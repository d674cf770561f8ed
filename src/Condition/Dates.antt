-- ===== src/Condition/Dates.antt =====
-- policy/condition/datefunc.go: the condition functions on times.
use silo_pkg.Prelude.{List, [], ◌∷◌, Bool, false, not, ◌||◌, Option, none, some}
use silo_pkg.Prelude.Bytes.{Bytes}
use silo_pkg.Condition.Values.{Values}
use silo_pkg.Condition.Keys.{Key, get_values_by_key}
use silo_pkg.Condition.Name.{
  Name, date_equals, date_not_equals, date_less_than, date_less_than_equals, date_greater_than,
  date_greater_than_equals,
}
use silo_pkg.Condition.Value.{string_value, int_value, bool_value, invalid_value, ValueSet}
use silo_pkg.Condition.Numeric.{
  Comparison, equals, not_equals, greater_than, greater_than_equals, less_than, less_than_equals,
}
use silo_pkg.Condition.Library.{Library}

-- `dateFunc`
pub record DateFunc (Time : Type 0) : Type 0 where
  pub n : Name
  pub k : Key
  pub value : Time
  pub c : Comparison

module _ (L : Library) where
  -- the switch of `evaluate`
  unfoldable pub compare_times : Comparison → L.Time → L.Time → Bool
  compare_times equals t value = L.time_equal value t
  compare_times not_equals t value = not (L.time_equal value t)
  compare_times greater_than t value = L.after t value
  compare_times greater_than_equals t value = L.after t value || L.time_equal t value
  compare_times less_than t value = L.before t value
  compare_times less_than_equals t value = L.before t value || L.time_equal t value

  time_test : DateFunc L.Time → Option L.Time → Bool
  unfolding compare_times
  time_test f none = false
  time_test f (some t) = compare_times f.c t f.value

  first_time_test : DateFunc L.Time → List Bytes → Bool
  unfolding time_test
  first_time_test f [] = false
  first_time_test f (v ∷ rvalues) = time_test f (L.parse_time v)

  -- `dateFunc.evaluate`
  unfoldable pub date_evaluate : DateFunc L.Time → Values → Bool
  unfolding first_time_test
  date_evaluate f values = first_time_test f (get_values_by_key values f.k)

  -- `valueToTime`; `none` is the error
  unfoldable pub value_to_time : ValueSet → Option L.Time
  value_to_time [] = none
  value_to_time (string_value s ∷ []) = L.parse_time s
  value_to_time (int_value i ∷ []) = none
  value_to_time (bool_value b ∷ []) = none
  value_to_time (invalid_value ∷ []) = none
  value_to_time (v ∷ w ∷ values) = none

  date_with : Bytes → Key → Comparison → Option L.Time → Option (DateFunc L.Time)
  date_with n key cond none = none
  date_with n key cond (some v) =
      some (record { n = record { qualifier = []; name = n }; k = key; value = v; c = cond })

  -- `newDateFunc`
  unfoldable pub new_date_func : Bytes → Key → ValueSet → Comparison → Option (DateFunc L.Time)
  unfolding date_with value_to_time
  new_date_func n key values cond = date_with n key cond (value_to_time values)

  -- `newDateEqualsFunc` and its siblings; the qualifier is not used
  unfoldable pub new_date_equals_func : Key → ValueSet → Bytes → Option (DateFunc L.Time)
  unfolding new_date_func
  new_date_equals_func key values qualifier = new_date_func date_equals key values equals

  unfoldable pub new_date_not_equals_func : Key → ValueSet → Bytes → Option (DateFunc L.Time)
  unfolding new_date_func
  new_date_not_equals_func key values qualifier =
      new_date_func date_not_equals key values not_equals

  unfoldable pub new_date_greater_than_func : Key → ValueSet → Bytes → Option (DateFunc L.Time)
  unfolding new_date_func
  new_date_greater_than_func key values qualifier =
      new_date_func date_greater_than key values greater_than

  unfoldable pub new_date_greater_than_equals_func :
      Key → ValueSet → Bytes → Option (DateFunc L.Time)
  unfolding new_date_func
  new_date_greater_than_equals_func key values qualifier =
      new_date_func date_greater_than_equals key values greater_than_equals

  unfoldable pub new_date_less_than_func : Key → ValueSet → Bytes → Option (DateFunc L.Time)
  unfolding new_date_func
  new_date_less_than_func key values qualifier = new_date_func date_less_than key values less_than

  unfoldable pub new_date_less_than_equals_func : Key → ValueSet → Bytes → Option (DateFunc L.Time)
  unfolding new_date_func
  new_date_less_than_equals_func key values qualifier =
      new_date_func date_less_than_equals key values less_than_equals
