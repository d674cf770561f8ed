-- ===== src/Condition/Concrete.antt =====
-- policy/condition/func.go: the condition functions of all kinds, the table of their constructors, and
-- the nested map that package encoding/json reads and writes.
use silo_pkg.Prelude.{List, [], ◌∷◌, Bool, not, Option, none, some, Outcome, ret, if◌then◌else◌}
use mathlib.Core.Option
use silo_pkg.Prelude.Bytes.{Bytes, eqb}
use silo_pkg.Condition.Values.{Values}
use silo_pkg.Condition.Keys.{Key, key_is_valid}
use silo_pkg.Condition.Name.{
  Name, string_equals, string_not_equals, string_equals_ignore_case, string_not_equals_ignore_case,
  string_like, string_not_like, binary_equals, ip_address, not_ip_address, null, boolean,
  numeric_equals, numeric_not_equals, numeric_less_than, numeric_less_than_equals,
  numeric_greater_than, numeric_greater_than_if_exists, numeric_greater_than_equals, date_equals,
  date_not_equals, date_less_than, date_less_than_equals, date_greater_than,
  date_greater_than_equals,
}
use silo_pkg.Condition.Value.{string_value, int_value, bool_value, ValueSet, value_add}
use silo_pkg.Condition.Functions.{Function}
use silo_pkg.Condition.StringSets.{StringSets}
use silo_pkg.Condition.Library.{Library}
use silo_pkg.Condition.Strings.{StringFunc, string_evaluate, like_evaluate}
use silo_pkg.Condition.StringValues.{
  new_string_equals_func, new_string_not_equals_func, new_string_equals_ignore_case_func,
  new_string_not_equals_ignore_case_func, new_binary_equals_func, new_string_like_func,
  new_string_not_like_func,
}
use silo_pkg.Condition.Numeric.{
  NumericFunc, numeric_evaluate, new_numeric_equals_func, new_numeric_not_equals_func,
  new_numeric_greater_than_func, new_numeric_greater_than_if_exists_func,
  new_numeric_greater_than_equals_func, new_numeric_less_than_func,
  new_numeric_less_than_equals_func,
}
use silo_pkg.Condition.Flags.{
  BooleanFunc, boolean_evaluate, new_boolean_func, NullFunc, null_evaluate, new_null_func,
}
use silo_pkg.Condition.Dates.{
  DateFunc, date_evaluate, new_date_equals_func, new_date_not_equals_func,
  new_date_greater_than_func, new_date_greater_than_equals_func, new_date_less_than_func,
  new_date_less_than_equals_func,
}
use silo_pkg.Condition.Addresses.{
  IpAddrFunc, ip_evaluate, new_ip_address_func, new_not_ip_address_func,
}

-- The types that implement the interface `Function`.
pub data Concrete (S : StringSets) (L : Library) : Type 0 where
  string_func : StringFunc S.Set → Concrete S L
  like_func : StringFunc S.Set → Concrete S L
  ip_func : IpAddrFunc L.IpNet → Concrete S L
  null_func : NullFunc → Concrete S L
  boolean_func : BooleanFunc → Concrete S L
  numeric_func : NumericFunc → Concrete S L
  date_func : DateFunc L.Time → Concrete S L

module _ (S : StringSets) (L : Library) where
  -- the methods `evaluate`, `key` and `name`
  unfoldable pub concrete_evaluate : Concrete S L → Values → Outcome Bool
  concrete_evaluate (string_func f) values = string_evaluate S L.to_lower f values
  concrete_evaluate (like_func f) values = like_evaluate S f values
  concrete_evaluate (ip_func f) values = ret (ip_evaluate L f values)
  concrete_evaluate (null_func f) values = ret (null_evaluate f values)
  concrete_evaluate (boolean_func f) values = ret (boolean_evaluate f values)
  concrete_evaluate (numeric_func f) values = ret (numeric_evaluate f values)
  concrete_evaluate (date_func f) values = ret (date_evaluate L f values)

  unfoldable pub concrete_key : Concrete S L → Key
  concrete_key (string_func f) = f.k
  concrete_key (like_func f) = f.k
  concrete_key (ip_func f) = f.k
  concrete_key (null_func f) = f.k
  concrete_key (boolean_func f) = f.k
  concrete_key (numeric_func f) = f.k
  concrete_key (date_func f) = f.k

  unfoldable pub concrete_name : Concrete S L → Name
  concrete_name (string_func f) = f.n
  concrete_name (like_func f) = f.n
  concrete_name (ip_func f) = f.n
  concrete_name (null_func f) = record { qualifier = []; name = null }
  concrete_name (boolean_func f) = record { qualifier = []; name = boolean }
  concrete_name (numeric_func f) = f.n
  concrete_name (date_func f) = f.n

  -- a condition function behind the interface, with its text
  unfoldable pub as_function : (Concrete S L → Bytes) → Concrete S L → Function
  unfolding concrete_evaluate concrete_key
  as_function text f = record {
    evaluate = concrete_evaluate f;
    key = concrete_key f;
    text = text f;
  }

  string_values_into : Bool → ValueSet → List Bytes → ValueSet
  unfolding value_add
  string_values_into base64 values [] = values
  string_values_into base64 values (value ∷ rest) =
      string_values_into base64
        (value_add values (string_value (if base64 then L.encode_base64 value else value))) rest

  net_values_into : ValueSet → List L.IpNet → ValueSet
  unfolding value_add
  net_values_into values [] = values
  net_values_into values (net ∷ nets) =
      net_values_into (value_add values (string_value (L.net_string net))) nets

  -- the values of `toMap`
  unfoldable pub map_values : Concrete S L → ValueSet
  unfolding string_values_into net_values_into
  map_values (string_func f) = string_values_into f.base64 [] (S.to_slice f.values)
  map_values (like_func f) = string_values_into f.base64 [] (S.to_slice f.values)
  map_values (ip_func f) = net_values_into [] f.values
  map_values (null_func f) = bool_value f.value ∷ []
  map_values (boolean_func f) = string_value f.value ∷ []
  map_values (numeric_func f) = int_value f.value ∷ []
  map_values (date_func f) = string_value (L.format_time f.value) ∷ []

  -- `toMap`: the entries of the map
  unfoldable pub to_map : Concrete S L → List (Key × ValueSet)
  unfolding key_is_valid concrete_key map_values
  to_map f = if not (key_is_valid (concrete_key f)) then [] else (concrete_key f, map_values f) ∷ []

  abbrev Constructor : Type 0
  Constructor = Key → ValueSet → Bytes → Option (Concrete S L)

  -- a constructor of one of the types
  abbrev builds :
      {A : Type 0} → (A → Concrete S L) → (Key → ValueSet → Bytes → Option A) → Constructor
  builds wrap new key values qualifier = Option.map wrap (new key values qualifier)

  -- `conditionFuncMap`
  unfoldable pub condition_func_map : List (Bytes × Constructor)
  condition_func_map =
      (string_equals, builds string_func (new_string_equals_func S L))
      ∷ (string_not_equals, builds string_func (new_string_not_equals_func S L))
      ∷ (string_equals_ignore_case, builds string_func (new_string_equals_ignore_case_func S L))
      ∷ (
        string_not_equals_ignore_case,
        builds string_func (new_string_not_equals_ignore_case_func S L),
      )
      ∷ (binary_equals, builds string_func (new_binary_equals_func S L))
      ∷ (string_like, builds like_func (new_string_like_func S L))
      ∷ (string_not_like, builds like_func (new_string_not_like_func S L))
      ∷ (ip_address, builds ip_func (new_ip_address_func L))
      ∷ (not_ip_address, builds ip_func (new_not_ip_address_func L))
      ∷ (null, builds null_func new_null_func)
      ∷ (boolean, builds boolean_func new_boolean_func)
      ∷ (numeric_equals, builds numeric_func new_numeric_equals_func)
      ∷ (numeric_not_equals, builds numeric_func new_numeric_not_equals_func)
      ∷ (numeric_less_than, builds numeric_func new_numeric_less_than_func)
      ∷ (numeric_less_than_equals, builds numeric_func new_numeric_less_than_equals_func)
      ∷ (numeric_greater_than, builds numeric_func new_numeric_greater_than_func)
      ∷ (
        numeric_greater_than_if_exists,
        builds numeric_func new_numeric_greater_than_if_exists_func,
      )
      ∷ (numeric_greater_than_equals, builds numeric_func new_numeric_greater_than_equals_func)
      ∷ (date_equals, builds date_func (new_date_equals_func L))
      ∷ (date_not_equals, builds date_func (new_date_not_equals_func L))
      ∷ (date_less_than, builds date_func (new_date_less_than_func L))
      ∷ (date_less_than_equals, builds date_func (new_date_less_than_equals_func L))
      ∷ (date_greater_than, builds date_func (new_date_greater_than_func L))
      ∷ (date_greater_than_equals, builds date_func (new_date_greater_than_equals_func L))
      ∷ []

  unfoldable pub constructor_at : List (Bytes × Constructor) → Bytes → Option Constructor
  unfolding eqb
  constructor_at [] name = none
  constructor_at ((n, new) ∷ table) name =
      if eqb n name then some new else constructor_at table name

  -- the call of the constructor; a name that the table does not hold is an error
  unfoldable pub call : Option Constructor → Key → ValueSet → Bytes → Option (Concrete S L)
  call none key values qualifier = none
  call (some new) key values qualifier = new key values qualifier

  -- the lookup and the call in the loop of `UnmarshalJSON`
  unfoldable pub build : Name → Key → ValueSet → Option (Concrete S L)
  unfolding call constructor_at condition_func_map
  build n key values = call (constructor_at condition_func_map n.name) key values n.qualifier
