-- ===== src/Condition/NonEmpty.antt =====
-- policy/condition/value.go: values of a request of which every key has one.
use silo_pkg.Prelude.{◌≡◌, ◌≢◌, false, List, [], ◌∷◌, is_empty, Option, some, Bool-cases, inl, inr}
use silo_pkg.Prelude.Bytes.{Bytes, eqb}
use silo_pkg.Condition.Values.{Values, values_at}

-- No key has an empty list of values.
abbrev pub NoEmpty : Values → Type 0
NoEmpty [] = Unit {0}
NoEmpty ((k, v) ∷ values) = (is_empty v ≡ false) × NoEmpty values

-- A key that is present has a first value then.
pub values_at-NoEmpty :
    (values : Values) (k : Bytes) → NoEmpty values → values_at values k ≢ some []
unfolding values_at
values_at-NoEmpty [] k h e = cc
values_at-NoEmpty ((j, v) ∷ values) k h e = elim (Bool-cases (eqb j k)) [
  | inl same ↦ nonempty v h.0 (rw same at e)
  | inr other ↦ values_at-NoEmpty values k h.1 (rw other at e)
]
  where
    nonempty :
        (v : List Bytes) → is_empty v ≡ false → ◌≡◌ {A = Option (List Bytes)} (some v) (some []) → ⊥
    nonempty [] h e = cc
    nonempty (x ∷ v) h e = cc
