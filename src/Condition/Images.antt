-- ===== src/Condition/Images.antt =====
-- policy/condition/stringfunc.go: what substitution and lower case make of the sets of a string
-- condition, and what the operations on the sets then say of their members.
use silo_pkg.Prelude.{
  ◌≡◌, ◌≢◌, refl, sym, ap, ◌∙◌, ◌↔◌, List, [], ◌∷◌, Bool, true, false, ◌||◌, Option, none, some,
  Outcome, ret, panic, arith, Bool-cases, inl, inr, any, if◌then◌else◌, &&_split, false≢true,
  Bool-ext,
}
use silo_pkg.Prelude.Bytes.{Bytes, eqb}
use silo_pkg.Condition.Names.Lists.{common_keys}
use silo_pkg.Condition.Values.{Values, values_at, key_name}
use silo_pkg.Condition.NonEmpty.{NoEmpty, values_at-NoEmpty}
use silo_pkg.Condition.StringSets.{StringSets, StringSetLaws, IsImage}
use silo_pkg.Condition.Strings.{substitute_key, substitute_keys, substitute, folded, string_test}

-- The text of an outcome that is one.
abbrev pub text_of : Outcome Bytes → Bytes
text_of (ret v) = v
text_of panic = []

-- A condition value with the keys that it names replaced.
abbrev pub substituted : Values → Bytes → Bytes
substituted values a = text_of (substitute values a)

either :
    (b : Bool) (x y : Bytes)
    → (w : Bytes) × (◌≡◌ {A = Outcome Bytes} (if b then ret x else ret y) (ret w))
either true x y = (x, refl)
either false x y = (y, refl)

substitute_key-ret :
    (rvalues : Option (List Bytes)) (key v : Bytes)
    → rvalues ≢ some []
    → (w : Bytes) × (substitute_key rvalues key v ≡ ret w)
unfolding substitute_key
substitute_key-ret none key v h = (v, refl)
substitute_key-ret (some []) key v h = absurd (h refl)
substitute_key-ret (some (value ∷ rvalues)) key v h = either _ _ _

substitute_keys-ret :
    (keys : List Bytes) (values : Values) (v : Bytes)
    → NoEmpty values
    → (w : Bytes) × (substitute_keys keys values v ≡ ret w)
unfolding substitute_keys
substitute_keys-ret [] values v h = (v, refl)
substitute_keys-ret (key ∷ keys) values v h =
    let (w, e) =
      substitute_key-ret (values_at values (key_name key)) key v
        (values_at-NoEmpty values (key_name key) h) in
    let (u, e') = substitute_keys-ret keys values w h in (u, rw e e')

-- If every key that is present has a value, substitution does not panic.
pub substitute-ret :
    (values : Values)
    → NoEmpty values
    → (a : Bytes) → substitute values a ≡ ret (substituted values a)
unfolding substitute
substitute-ret values h a =
    let (w, e) = substitute_keys-ret common_keys values a h in
    e ∙ ap (λ (o : Outcome Bytes). ret (text_of o)) (sym e)

-- The function that `ignoreCase` applies to the members of both sets.
abbrev pub fold : (Bytes → Bytes) → Bool → Bytes → Bytes
fold to_lower ignore_case a = if ignore_case then to_lower a else a

-- v is one of the values.
abbrev pub IsOneOf : Bytes → List Bytes → Type 0
IsOneOf v rvalues = any (λ x. eqb x v) rvalues ≡ true

module _ (S : StringSets) (laws : StringSetLaws S) (to_lower : Bytes → Bytes) where
  pub folded-IsImage :
      (ignore_case : Bool) (s : S.Set)
      → (t : S.Set) × (folded S to_lower ignore_case s ≡ ret t)
        × IsImage S (fold to_lower ignore_case) s t
  unfolding folded
  folded-IsImage true s = laws.apply_func-ret (λ a. ret (to_lower a)) to_lower s (λ a. refl)
  folded-IsImage false s = (s, refl, λ b. (λ h. (b, h, refl), λ (a, h, e). rw (← e) h))

  -- The test of some value: some text is in both sets.
  pub string_test_any :
      (rvalues fvalues : S.Set)
      → (string_test S to_lower false rvalues fvalues ≡ true)
        ↔ ((a : Bytes) × (S.contains rvalues a ≡ true) × (S.contains fvalues a ≡ true))
  unfolding string_test
  string_test_any rvalues fvalues = (
    λ h.
        let (a, m) = (laws.set_is_empty_iff (S.intersection rvalues fvalues)).0 (ground arith) in
        let both = &&_split _ _ (sym (laws.contains-intersection rvalues fvalues a) ∙ m) in
        (a, both.0, both.1),
    λ (a, r, f).
        let m : S.contains (S.intersection rvalues fvalues) a ≡ true =
          laws.contains-intersection rvalues fvalues a ∙ rw (r, f) refl in
        let e = (laws.set_is_empty_iff (S.intersection rvalues fvalues)).1 (a, m) in ground arith,
  )

  not_member : (s : S.Set) (a : Bytes) → S.set_is_empty s ≡ true → S.contains s a ≡ true → ⊥
  not_member s a e m = false≢true (sym ((laws.set_is_empty_iff s).1 (a, m)) ∙ e)

  -- The test of all values: every text in the one set is in the other.
  pub string_test_all :
      (rvalues fvalues : S.Set)
      → (string_test S to_lower true rvalues fvalues ≡ true)
        ↔ ((a : Bytes) → S.contains rvalues a ≡ true → S.contains fvalues a ≡ true)
  unfolding string_test
  string_test_all rvalues fvalues = (to, from)
    where
      inter : S.Set
      inter = S.intersection rvalues fvalues

      to :
          (S.set_is_empty rvalues || S.equals rvalues inter) ≡ true
          → (a : Bytes) → S.contains rvalues a ≡ true
          → S.contains fvalues a ≡ true
      to h a m = elim (Bool-cases (S.set_is_empty rvalues)) [
        | inl e ↦ absurd (not_member rvalues a e m)
        | inr e ↦
            let same = (laws.equals_iff rvalues inter).0 (ground arith) a in
            (&&_split _ _ (sym (laws.contains-intersection rvalues fvalues a) ∙ sym same ∙ m)).1
      ]

      from :
          ((a : Bytes) → S.contains rvalues a ≡ true → S.contains fvalues a ≡ true)
          → (S.set_is_empty rvalues || S.equals rvalues inter) ≡ true
      from h =
          let e = (laws.equals_iff rvalues inter).1 (λ a.
            Bool-ext _ _ (λ m. laws.contains-intersection rvalues fvalues a ∙ rw (m, h a m) refl)
              (λ m. (&&_split _ _ (sym (laws.contains-intersection rvalues fvalues a) ∙ m)).0)) in
          ground arith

Description of the task: Show the lines in the entries above that include the string "policy".

Answer to the exercise:
-- policy/condition/datefunc.go: the condition functions on times.
-- policy/condition/func.go: the condition functions of all kinds, the table of their constructors, and
-- policy/condition/value.go: values of a request of which every key has one.
-- policy/condition/stringfunc.go: what substitution and lower case make of the sets of a string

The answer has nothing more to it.